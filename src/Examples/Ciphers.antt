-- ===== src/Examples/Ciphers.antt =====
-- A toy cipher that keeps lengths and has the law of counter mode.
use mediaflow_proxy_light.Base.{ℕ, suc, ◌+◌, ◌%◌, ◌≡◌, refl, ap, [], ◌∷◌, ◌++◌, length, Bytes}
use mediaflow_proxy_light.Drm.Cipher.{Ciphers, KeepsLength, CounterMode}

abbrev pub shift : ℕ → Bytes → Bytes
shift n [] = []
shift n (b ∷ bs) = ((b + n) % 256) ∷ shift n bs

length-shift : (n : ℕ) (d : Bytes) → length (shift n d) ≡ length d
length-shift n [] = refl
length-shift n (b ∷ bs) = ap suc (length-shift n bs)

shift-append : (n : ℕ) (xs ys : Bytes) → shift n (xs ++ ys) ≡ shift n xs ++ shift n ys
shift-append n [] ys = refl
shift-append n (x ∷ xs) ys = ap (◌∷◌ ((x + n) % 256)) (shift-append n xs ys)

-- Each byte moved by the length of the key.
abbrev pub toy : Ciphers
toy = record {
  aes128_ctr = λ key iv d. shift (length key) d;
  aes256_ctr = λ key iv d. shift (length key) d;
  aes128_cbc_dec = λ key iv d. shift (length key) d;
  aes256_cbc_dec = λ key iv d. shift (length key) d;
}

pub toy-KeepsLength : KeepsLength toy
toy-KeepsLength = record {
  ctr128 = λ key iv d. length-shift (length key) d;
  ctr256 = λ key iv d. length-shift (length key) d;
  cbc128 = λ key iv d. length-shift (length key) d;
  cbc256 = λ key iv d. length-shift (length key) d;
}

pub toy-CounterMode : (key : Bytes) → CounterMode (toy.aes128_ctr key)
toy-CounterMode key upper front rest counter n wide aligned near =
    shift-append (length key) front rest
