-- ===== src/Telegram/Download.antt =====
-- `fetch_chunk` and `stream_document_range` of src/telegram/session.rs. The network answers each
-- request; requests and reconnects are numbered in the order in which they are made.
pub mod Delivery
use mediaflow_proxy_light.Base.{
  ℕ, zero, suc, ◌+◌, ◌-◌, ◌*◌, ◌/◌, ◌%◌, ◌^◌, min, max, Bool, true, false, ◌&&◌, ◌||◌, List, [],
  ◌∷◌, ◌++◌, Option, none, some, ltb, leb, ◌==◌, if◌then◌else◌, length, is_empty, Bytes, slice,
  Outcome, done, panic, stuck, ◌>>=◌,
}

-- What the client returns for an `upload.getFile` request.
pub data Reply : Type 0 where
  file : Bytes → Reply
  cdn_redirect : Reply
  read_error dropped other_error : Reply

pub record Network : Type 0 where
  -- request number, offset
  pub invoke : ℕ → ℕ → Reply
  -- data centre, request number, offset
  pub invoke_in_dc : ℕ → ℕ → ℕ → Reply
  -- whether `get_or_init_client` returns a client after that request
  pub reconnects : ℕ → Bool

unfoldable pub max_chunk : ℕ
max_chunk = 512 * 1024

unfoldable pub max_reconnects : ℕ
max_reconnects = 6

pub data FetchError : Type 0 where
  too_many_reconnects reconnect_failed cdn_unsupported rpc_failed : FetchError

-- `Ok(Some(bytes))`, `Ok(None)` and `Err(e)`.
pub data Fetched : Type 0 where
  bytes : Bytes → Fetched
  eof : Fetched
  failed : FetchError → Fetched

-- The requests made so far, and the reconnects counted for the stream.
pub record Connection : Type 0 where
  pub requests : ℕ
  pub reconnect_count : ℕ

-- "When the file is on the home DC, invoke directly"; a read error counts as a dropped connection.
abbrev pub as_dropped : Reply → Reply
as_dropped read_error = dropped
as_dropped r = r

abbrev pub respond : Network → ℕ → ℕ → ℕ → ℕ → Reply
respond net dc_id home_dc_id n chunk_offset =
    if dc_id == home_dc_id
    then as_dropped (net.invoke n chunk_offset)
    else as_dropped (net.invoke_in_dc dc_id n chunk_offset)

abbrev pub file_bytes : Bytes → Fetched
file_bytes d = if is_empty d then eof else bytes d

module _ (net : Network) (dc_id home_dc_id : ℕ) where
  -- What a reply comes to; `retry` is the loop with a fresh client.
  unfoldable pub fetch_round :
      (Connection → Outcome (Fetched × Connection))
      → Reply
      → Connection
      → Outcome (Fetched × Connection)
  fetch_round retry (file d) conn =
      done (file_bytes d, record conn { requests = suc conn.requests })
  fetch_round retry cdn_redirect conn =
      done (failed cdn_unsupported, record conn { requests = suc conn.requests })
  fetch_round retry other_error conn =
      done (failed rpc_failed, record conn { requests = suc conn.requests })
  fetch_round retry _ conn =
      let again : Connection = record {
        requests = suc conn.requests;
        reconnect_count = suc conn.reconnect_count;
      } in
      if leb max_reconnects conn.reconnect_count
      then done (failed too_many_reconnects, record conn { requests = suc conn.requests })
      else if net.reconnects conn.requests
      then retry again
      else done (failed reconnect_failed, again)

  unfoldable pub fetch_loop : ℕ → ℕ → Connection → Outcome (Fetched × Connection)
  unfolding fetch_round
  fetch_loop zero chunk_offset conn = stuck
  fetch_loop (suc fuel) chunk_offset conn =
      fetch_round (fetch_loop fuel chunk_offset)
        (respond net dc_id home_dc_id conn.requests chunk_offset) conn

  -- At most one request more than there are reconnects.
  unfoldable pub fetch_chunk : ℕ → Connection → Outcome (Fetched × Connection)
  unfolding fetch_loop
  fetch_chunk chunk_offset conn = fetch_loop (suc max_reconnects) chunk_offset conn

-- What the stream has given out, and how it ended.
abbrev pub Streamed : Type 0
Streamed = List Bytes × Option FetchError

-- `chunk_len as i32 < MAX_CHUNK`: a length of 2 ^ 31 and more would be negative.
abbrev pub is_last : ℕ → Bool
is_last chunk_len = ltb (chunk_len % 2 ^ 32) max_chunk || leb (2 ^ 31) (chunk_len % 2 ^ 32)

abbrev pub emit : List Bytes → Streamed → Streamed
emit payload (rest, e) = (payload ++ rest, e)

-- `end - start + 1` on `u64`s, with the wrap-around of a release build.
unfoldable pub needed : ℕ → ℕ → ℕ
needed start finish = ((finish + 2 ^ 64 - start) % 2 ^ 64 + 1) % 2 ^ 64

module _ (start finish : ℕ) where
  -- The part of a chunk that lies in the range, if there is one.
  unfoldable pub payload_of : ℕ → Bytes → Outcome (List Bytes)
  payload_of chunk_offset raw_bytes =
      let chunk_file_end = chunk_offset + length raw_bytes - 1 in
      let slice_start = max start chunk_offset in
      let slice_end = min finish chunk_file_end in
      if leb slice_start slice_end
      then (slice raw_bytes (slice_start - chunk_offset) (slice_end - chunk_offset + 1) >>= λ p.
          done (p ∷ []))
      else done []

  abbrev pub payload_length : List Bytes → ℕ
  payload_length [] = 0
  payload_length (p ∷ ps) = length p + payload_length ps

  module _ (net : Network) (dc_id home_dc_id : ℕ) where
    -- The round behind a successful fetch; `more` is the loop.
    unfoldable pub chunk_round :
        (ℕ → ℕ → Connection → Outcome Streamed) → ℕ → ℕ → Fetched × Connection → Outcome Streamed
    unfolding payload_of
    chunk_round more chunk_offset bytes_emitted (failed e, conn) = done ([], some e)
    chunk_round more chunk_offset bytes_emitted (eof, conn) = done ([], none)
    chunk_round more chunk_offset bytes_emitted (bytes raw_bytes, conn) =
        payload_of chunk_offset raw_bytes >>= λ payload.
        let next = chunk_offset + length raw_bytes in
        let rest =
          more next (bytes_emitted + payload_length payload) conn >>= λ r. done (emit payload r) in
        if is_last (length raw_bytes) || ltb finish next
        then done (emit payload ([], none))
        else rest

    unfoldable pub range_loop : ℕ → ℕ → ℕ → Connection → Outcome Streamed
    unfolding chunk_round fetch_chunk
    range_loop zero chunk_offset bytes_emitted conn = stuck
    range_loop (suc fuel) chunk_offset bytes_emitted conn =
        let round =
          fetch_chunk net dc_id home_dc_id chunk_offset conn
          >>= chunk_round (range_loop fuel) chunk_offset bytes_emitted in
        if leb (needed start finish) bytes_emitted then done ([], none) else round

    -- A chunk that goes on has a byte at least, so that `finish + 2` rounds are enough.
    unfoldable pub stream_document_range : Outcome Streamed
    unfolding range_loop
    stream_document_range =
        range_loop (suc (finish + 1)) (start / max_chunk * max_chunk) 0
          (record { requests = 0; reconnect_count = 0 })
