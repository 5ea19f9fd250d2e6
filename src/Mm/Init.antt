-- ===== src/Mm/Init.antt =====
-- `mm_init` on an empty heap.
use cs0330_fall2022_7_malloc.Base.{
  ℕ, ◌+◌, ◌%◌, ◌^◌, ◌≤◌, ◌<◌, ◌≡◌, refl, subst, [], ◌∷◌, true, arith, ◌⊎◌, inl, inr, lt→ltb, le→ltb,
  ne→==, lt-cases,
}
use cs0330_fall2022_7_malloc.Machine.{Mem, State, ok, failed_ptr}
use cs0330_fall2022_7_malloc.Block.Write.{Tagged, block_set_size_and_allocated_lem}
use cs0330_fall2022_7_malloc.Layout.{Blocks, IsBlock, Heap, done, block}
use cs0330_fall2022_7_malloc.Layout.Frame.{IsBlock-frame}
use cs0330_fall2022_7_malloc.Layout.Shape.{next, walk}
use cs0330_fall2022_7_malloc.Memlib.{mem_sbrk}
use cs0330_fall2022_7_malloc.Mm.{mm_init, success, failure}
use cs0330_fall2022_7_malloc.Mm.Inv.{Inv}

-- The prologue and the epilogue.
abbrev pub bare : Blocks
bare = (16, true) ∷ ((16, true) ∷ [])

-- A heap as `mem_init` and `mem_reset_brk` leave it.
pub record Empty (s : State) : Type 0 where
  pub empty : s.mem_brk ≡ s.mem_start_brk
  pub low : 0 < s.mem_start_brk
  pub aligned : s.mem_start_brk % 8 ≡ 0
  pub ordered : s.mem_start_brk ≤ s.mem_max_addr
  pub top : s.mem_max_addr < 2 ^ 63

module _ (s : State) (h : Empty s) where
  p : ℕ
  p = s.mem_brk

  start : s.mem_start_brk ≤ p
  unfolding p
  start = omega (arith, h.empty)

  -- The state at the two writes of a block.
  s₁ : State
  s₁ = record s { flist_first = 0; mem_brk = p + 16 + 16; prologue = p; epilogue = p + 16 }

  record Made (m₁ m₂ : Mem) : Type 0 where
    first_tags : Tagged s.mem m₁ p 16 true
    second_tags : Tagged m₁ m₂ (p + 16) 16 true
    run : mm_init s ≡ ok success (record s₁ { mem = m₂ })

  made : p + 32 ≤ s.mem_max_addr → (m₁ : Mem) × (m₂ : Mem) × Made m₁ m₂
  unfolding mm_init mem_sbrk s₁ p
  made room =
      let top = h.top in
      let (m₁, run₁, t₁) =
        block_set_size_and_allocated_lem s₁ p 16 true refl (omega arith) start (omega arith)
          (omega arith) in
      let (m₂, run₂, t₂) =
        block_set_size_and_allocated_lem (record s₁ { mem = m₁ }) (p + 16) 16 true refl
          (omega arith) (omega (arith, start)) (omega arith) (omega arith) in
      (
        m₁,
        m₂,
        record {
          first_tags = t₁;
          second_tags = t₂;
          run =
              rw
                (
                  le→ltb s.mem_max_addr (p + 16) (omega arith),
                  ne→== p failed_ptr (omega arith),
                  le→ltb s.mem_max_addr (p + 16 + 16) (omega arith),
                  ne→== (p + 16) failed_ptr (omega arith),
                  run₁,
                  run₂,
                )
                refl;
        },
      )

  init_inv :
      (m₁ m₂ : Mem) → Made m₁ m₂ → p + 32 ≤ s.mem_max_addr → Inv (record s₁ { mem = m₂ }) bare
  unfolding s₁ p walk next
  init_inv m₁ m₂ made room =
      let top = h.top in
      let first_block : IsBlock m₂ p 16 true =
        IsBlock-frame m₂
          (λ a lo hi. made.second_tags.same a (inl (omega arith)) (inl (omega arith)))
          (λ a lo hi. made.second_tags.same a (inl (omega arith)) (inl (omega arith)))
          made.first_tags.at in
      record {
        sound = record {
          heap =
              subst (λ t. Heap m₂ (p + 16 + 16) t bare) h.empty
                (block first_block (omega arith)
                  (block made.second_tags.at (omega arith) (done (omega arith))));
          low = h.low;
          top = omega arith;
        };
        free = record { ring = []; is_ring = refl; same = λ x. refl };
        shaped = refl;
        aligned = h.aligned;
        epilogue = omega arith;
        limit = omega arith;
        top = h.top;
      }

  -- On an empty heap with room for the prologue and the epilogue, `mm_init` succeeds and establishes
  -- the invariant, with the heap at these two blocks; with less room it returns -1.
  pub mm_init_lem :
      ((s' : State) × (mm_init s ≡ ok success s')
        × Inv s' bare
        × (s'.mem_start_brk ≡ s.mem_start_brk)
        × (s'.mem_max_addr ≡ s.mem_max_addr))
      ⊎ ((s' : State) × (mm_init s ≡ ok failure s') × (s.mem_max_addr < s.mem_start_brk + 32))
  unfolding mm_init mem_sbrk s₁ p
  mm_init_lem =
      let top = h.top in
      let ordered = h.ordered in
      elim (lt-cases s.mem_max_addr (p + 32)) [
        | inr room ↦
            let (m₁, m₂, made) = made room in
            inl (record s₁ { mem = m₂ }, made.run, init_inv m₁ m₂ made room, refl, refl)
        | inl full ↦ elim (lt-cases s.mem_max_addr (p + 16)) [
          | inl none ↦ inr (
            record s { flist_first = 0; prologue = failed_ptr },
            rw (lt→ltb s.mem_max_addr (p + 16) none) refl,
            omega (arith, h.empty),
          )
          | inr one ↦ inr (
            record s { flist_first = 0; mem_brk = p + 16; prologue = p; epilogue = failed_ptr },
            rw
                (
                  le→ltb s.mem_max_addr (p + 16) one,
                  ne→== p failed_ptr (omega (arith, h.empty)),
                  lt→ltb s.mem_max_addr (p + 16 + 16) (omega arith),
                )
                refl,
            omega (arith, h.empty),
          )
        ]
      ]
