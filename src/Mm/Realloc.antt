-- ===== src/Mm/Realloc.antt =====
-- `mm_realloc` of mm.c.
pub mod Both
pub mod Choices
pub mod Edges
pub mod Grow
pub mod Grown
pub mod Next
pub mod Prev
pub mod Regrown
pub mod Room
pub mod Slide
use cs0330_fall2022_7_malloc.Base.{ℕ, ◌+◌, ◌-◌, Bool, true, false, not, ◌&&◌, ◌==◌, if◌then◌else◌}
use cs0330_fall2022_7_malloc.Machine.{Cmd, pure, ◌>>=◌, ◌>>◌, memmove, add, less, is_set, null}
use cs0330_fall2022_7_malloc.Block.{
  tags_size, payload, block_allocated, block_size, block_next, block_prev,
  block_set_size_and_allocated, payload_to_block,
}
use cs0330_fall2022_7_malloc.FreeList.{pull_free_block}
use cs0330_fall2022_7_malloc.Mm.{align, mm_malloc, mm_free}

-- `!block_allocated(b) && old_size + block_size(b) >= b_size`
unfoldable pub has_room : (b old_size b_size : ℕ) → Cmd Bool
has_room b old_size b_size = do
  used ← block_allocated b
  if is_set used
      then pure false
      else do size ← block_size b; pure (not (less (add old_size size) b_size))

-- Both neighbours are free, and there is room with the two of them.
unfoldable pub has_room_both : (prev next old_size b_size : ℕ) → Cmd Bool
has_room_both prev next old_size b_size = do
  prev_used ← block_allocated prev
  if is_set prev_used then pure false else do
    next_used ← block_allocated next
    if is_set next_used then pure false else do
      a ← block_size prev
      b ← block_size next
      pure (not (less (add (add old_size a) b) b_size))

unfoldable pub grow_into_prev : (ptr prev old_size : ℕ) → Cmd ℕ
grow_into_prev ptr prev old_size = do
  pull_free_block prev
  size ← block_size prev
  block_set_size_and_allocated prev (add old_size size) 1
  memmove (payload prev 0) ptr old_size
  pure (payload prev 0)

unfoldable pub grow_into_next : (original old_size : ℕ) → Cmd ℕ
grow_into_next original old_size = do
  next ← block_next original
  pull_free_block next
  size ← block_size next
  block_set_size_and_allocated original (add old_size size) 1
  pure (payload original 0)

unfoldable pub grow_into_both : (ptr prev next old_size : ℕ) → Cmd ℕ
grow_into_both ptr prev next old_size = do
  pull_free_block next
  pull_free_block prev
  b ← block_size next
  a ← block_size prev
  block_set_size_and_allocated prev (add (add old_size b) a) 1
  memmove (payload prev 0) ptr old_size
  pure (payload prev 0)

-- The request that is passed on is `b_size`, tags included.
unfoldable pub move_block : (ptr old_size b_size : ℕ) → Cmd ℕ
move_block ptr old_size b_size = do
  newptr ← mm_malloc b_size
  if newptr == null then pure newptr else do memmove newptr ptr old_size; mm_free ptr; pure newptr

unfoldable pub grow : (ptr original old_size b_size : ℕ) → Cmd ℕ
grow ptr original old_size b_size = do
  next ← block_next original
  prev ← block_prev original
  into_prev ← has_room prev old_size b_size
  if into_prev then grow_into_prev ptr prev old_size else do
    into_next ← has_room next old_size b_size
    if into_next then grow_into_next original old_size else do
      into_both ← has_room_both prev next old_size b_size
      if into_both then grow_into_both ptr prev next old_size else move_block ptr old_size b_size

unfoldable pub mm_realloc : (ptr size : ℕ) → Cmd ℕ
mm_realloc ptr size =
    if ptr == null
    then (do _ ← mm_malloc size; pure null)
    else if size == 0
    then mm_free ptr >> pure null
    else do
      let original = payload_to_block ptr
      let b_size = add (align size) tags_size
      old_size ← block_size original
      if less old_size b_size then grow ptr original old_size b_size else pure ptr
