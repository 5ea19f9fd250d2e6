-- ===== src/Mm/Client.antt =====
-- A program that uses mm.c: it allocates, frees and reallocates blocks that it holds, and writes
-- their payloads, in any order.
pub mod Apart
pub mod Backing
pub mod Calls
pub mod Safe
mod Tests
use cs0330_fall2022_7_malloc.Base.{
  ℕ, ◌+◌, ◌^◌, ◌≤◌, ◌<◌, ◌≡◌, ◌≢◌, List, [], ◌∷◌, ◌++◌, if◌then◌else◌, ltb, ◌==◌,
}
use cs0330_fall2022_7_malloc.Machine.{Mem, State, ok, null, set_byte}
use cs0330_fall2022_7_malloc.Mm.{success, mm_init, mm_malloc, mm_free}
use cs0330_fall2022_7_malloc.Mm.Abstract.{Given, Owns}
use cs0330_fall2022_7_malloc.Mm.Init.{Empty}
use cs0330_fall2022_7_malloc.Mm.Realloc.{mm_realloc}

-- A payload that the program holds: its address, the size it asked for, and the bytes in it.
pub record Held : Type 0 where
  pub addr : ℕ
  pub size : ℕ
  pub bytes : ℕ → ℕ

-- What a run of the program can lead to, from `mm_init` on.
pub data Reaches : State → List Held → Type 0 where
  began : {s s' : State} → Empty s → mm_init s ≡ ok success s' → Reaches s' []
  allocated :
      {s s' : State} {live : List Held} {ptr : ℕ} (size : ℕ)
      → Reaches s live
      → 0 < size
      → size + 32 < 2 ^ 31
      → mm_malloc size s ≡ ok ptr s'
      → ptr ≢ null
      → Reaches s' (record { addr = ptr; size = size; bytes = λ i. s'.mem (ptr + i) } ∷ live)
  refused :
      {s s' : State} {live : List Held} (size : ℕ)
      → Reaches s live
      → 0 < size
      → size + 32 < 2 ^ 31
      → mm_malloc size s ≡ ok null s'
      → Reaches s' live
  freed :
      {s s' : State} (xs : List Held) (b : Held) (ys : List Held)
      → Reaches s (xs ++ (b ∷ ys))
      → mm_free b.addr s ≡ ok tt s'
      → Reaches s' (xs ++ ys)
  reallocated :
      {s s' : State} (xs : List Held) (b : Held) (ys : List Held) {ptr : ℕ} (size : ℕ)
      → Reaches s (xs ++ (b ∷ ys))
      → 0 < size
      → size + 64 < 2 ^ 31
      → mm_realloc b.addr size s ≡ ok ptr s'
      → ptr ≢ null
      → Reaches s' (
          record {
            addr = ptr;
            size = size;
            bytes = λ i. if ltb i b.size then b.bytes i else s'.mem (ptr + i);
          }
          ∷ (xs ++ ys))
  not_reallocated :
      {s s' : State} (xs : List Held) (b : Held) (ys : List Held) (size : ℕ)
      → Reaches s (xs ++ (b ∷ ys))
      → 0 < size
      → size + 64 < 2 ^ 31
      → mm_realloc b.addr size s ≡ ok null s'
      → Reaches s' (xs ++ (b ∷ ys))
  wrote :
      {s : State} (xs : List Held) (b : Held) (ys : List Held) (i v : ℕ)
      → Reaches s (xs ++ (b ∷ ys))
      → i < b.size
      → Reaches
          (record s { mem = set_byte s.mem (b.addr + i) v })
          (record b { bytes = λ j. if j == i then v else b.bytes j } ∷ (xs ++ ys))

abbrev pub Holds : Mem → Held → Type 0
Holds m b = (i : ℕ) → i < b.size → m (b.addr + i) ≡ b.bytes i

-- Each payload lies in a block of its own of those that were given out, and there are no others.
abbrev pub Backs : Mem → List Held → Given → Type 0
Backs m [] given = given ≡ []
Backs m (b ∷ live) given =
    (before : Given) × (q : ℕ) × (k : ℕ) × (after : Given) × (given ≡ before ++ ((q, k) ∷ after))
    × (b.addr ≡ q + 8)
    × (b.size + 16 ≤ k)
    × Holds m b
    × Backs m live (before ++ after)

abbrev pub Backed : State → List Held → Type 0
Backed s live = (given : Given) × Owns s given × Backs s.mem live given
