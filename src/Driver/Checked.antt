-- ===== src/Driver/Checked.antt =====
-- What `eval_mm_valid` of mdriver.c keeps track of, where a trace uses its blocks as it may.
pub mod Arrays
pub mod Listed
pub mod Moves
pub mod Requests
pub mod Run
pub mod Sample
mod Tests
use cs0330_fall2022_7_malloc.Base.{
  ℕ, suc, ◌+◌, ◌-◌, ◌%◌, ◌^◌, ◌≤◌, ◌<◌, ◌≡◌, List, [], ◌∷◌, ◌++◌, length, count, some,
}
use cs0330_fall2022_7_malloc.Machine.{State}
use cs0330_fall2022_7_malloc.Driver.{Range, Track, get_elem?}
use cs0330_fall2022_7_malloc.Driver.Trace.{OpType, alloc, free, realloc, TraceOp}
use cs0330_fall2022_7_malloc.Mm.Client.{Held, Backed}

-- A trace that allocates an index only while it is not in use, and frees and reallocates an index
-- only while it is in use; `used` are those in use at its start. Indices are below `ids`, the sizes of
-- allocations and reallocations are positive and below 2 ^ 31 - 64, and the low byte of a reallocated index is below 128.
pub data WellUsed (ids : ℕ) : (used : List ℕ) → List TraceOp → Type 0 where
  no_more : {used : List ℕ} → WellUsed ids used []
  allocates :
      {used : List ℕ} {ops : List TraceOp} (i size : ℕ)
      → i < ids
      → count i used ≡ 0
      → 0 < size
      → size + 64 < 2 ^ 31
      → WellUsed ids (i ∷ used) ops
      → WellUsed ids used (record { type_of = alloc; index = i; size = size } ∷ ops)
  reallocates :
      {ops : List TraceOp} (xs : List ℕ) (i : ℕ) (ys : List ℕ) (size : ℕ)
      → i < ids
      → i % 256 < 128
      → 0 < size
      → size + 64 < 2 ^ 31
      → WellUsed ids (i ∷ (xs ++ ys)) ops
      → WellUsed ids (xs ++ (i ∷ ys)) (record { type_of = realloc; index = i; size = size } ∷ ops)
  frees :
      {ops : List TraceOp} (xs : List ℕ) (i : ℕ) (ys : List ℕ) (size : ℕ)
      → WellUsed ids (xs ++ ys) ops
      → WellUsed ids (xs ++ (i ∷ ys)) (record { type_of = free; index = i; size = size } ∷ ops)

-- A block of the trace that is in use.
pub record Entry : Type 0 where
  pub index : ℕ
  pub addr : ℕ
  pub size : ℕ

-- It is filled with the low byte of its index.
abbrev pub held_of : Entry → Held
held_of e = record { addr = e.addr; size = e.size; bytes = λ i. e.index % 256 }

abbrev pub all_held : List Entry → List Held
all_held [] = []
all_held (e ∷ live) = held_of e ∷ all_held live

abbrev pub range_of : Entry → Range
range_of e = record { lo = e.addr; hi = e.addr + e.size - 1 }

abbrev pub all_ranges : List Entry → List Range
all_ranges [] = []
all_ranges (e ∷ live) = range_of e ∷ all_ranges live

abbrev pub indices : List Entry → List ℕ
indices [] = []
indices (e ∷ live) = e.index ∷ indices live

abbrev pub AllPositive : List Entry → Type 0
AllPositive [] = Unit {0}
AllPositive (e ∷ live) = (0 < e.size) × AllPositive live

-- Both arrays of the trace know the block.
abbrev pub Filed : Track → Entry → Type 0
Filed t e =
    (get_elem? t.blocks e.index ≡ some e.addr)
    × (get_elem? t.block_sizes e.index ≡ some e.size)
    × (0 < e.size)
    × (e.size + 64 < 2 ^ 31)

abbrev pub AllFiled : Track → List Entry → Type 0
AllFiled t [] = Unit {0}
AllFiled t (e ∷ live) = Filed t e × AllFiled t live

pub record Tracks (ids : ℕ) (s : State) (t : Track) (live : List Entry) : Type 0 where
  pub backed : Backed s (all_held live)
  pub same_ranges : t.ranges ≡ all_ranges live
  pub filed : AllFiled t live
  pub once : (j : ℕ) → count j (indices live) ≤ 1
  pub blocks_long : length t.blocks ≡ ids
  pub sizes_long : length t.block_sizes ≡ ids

> **Task**
Reproduce verbatim only this range: the first line of the material through the line that contains "shift n [] = []", inclusive.

> **Completed task**
filename src/Examples/Ciphers.antt
-- ===== src/Examples/Ciphers.antt =====
-- A toy cipher that keeps lengths and has the law of counter mode.
use mediaflow_proxy_light.Base.{ℕ, suc, ◌+◌, ◌%◌, ◌≡◌, refl, ap, [], ◌∷◌, ◌++◌, length, Bytes}
use mediaflow_proxy_light.Drm.Cipher.{Ciphers, KeepsLength, CounterMode}

abbrev pub shift : ℕ → Bytes → Bytes
shift n [] = []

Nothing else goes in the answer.